Elizabeth Ashley is a British physician who is Director of the Laos-Oxford-Mahosot Hospital-Wellcome Trust Research Unit (LOMWRU) in Laos. She specialises in infectious diseases and medical microbiology and virology. She is an associate editor for the Malaria Journal and serves on the Council of the International Society for Infectious Diseases.

Early life and education 
Ashley grew up in Croydon. She attended a comprehensive concert school, where she specialised in mathematics, French and science. She became interested in medicine as a teenager, and trained as a physician in London. She completed an intercalated degree in sociology. In 2000, Ashley moved to Mae Sot, where she started working in the Mahosot Hospital. Later that year, she moved to the Shoklo Malaria Research Unit to provide healthcare for people living around the Thai-Myanmar border.
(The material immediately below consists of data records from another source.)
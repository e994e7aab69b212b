-- ===== src/Signer/Personal.antt =====
-- Signed messages: what tells one message from another.
use fast_wallet.Base.{
  ℕ, zero, suc, ◌+◌, ◌/◌, ◌%◌, ◌≤◌, ◌≡◌, ◌≢◌, refl, true, ap, [], ◌∷◌, ◌++◌, length, length-append,
  ltb, Bool-cases, inl, inr, arith,
}
use fast_wallet.Errors.{Message}
use fast_wallet.Errors.Text.{codes}
use fast_wallet.Errors.Display.{decimal_from, decimal}
use fast_wallet.Transaction.{Bytes, TypedTransaction, legacy, eip2930, eip1559}
use fast_wallet.Transaction.Rlp.{Rlp}
use fast_wallet.Transaction.Forms.{
  legacy_len_for_signing, legacy_signing_fields, encode_for_signing,
}
use fast_wallet.Signer.{prefixed}

-- Printing only adds digits.
length-le-decimal_from : (fuel n : ℕ) (t : Message) → length t ≤ length (decimal_from fuel n t)
length-le-decimal_from zero n t = omega arith
length-le-decimal_from (suc f) n t = elim (Bool-cases (ltb n 10)) [
  | inl small ↦ rw small (omega arith)
  | inr large ↦ rw large (omega (arith, length-le-decimal_from f (n / 10) ((48 + n % 10) ∷ t)))
]

-- A larger number has no fewer digits, whatever digits follow.
length-decimal_from :
    (fuel m n : ℕ) (s t : Message)
    → m ≤ n
    → length s ≤ length t
    → length (decimal_from fuel m s) ≤ length (decimal_from fuel n t)
length-decimal_from zero m n s t h k = k
length-decimal_from (suc f) m n s t h k =
    let grows = length-le-decimal_from (suc f) n t in
    let next = length-le-decimal_from f (n / 10) ((48 + n % 10) ∷ t) in
    elim (Bool-cases (ltb n 10)) [
      | inl small ↦ let below : ltb m 10 ≡ true = ground arith in rw (small, below) (omega arith)
      | inr large ↦ elim (Bool-cases (ltb m 10)) [
        | inl below ↦ rw (large, below) (omega arith)
        | inr above ↦
            rw (large, above)
              (length-decimal_from f (m / 10) (n / 10) ((48 + m % 10) ∷ s) ((48 + n % 10) ∷ t)
                (omega arith) (omega arith))
      ]
    ]

-- What never falls, added to its argument, tells the argument.
sum_tells :
    (f : ℕ → ℕ) (m n : ℕ) → (m ≤ n → f m ≤ f n) → (n ≤ m → f n ≤ f m) → f m + m ≡ f n + n → m ≡ n
sum_tells f m n up down e = elim (Bool-cases (ltb m n)) [
  | inl less ↦ let more = up (ground arith) in ground arith
  | inr no_less ↦ let more = down (ground arith) in ground arith
]

behind_same : (a b m n : Bytes) → length a ≡ length b → a ++ m ≡ b ++ n → m ≡ n
behind_same [] [] m n h e = e
behind_same [] (y ∷ b) m n h e = absurd (omega (arith, h))
behind_same (x ∷ a) [] m n h e = absurd (omega (arith, h))
behind_same (x ∷ a) (y ∷ b) m n h e = behind_same a b m n (omega (arith, h)) (cc)

prefixed_injective : (m n : Bytes) → prefixed m ≡ prefixed n → m ≡ n
unfolding prefixed
prefixed_injective m n e =
    let text = 0x19 ∷ codes "Ethereum Signed Message:\n" in
    let rest = behind_same text text _ _ refl e in
    let total : length (decimal (length m)) + length m ≡ length (decimal (length n)) + length n =
      omega (
        arith,
        ap length rest,
        length-append (decimal (length m)) m,
        length-append (decimal (length n)) n,
      ) in
    let size =
      sum_tells (λ k. length (decimal k)) (length m) (length n)
        (λ h. length-decimal_from 20 (length m) (length n) [] [] h (omega arith))
        (λ h. length-decimal_from 20 (length n) (length m) [] [] h (omega arith)) total in
    behind_same (decimal (length m)) (decimal (length n)) m n (ap (λ k. length (decimal k)) size)
      rest

-- For two different messages, different bytes are hashed and signed.
pub prefixed_distinct : (m n : Bytes) → m ≢ n → prefixed m ≢ prefixed n
prefixed_distinct m n other same = other (prefixed_injective m n same)

-- RLP: the first byte of a list is at least 192.
abbrev pub MarksLists : Rlp → Type 0
MarksLists R = (n : ℕ) → (b : ℕ) × (rest : Bytes) × (R.list_header n ≡ b ∷ rest) × (192 ≤ b)

abbrev first_byte : Bytes → ℕ
first_byte [] = 0
first_byte (b ∷ rest) = b

-- When RLP marks its lists, the bytes that are hashed and signed for a message are those of no transaction.
pub message_is_no_transaction :
    (R : Rlp) (message : Bytes) (tx : TypedTransaction)
    → MarksLists R
    → prefixed message ≢ encode_for_signing R tx
unfolding prefixed encode_for_signing legacy_signing_fields
message_is_no_transaction R message (legacy tx) marks e =
    let (b, rest, header, high) = marks (legacy_len_for_signing R tx) in
    let same : 0x19 ≡ b = ap first_byte (rw header at e) in omega arith
message_is_no_transaction R message (eip2930 tx) marks e =
    let same : ◌≡◌ {A = ℕ} 0x19 0x01 = ap first_byte e in omega arith
message_is_no_transaction R message (eip1559 tx) marks e =
    let same : ◌≡◌ {A = ℕ} 0x19 0x02 = ap first_byte e in omega arith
She worked under the supervision of Nick White and Francois Nosten. She realised that malaria research was her vocation in 2006. Based on her experiences in these places, Ashley completed a doctorate on chemotherapeutic studies. She worked as a clinician in Paris and London. In Paris she worked for Médecins Sans Frontières.

Research and career 
Ashley was appointed head of the Tracking Resistance to Artemisinin Collaboration (TRAC) in 2011. Under her leadership, the organisation mapped the extent of artemisinin resistance in Plasmodium falciparum. The trial included 15 sites in 10 counties of Asia and Africa.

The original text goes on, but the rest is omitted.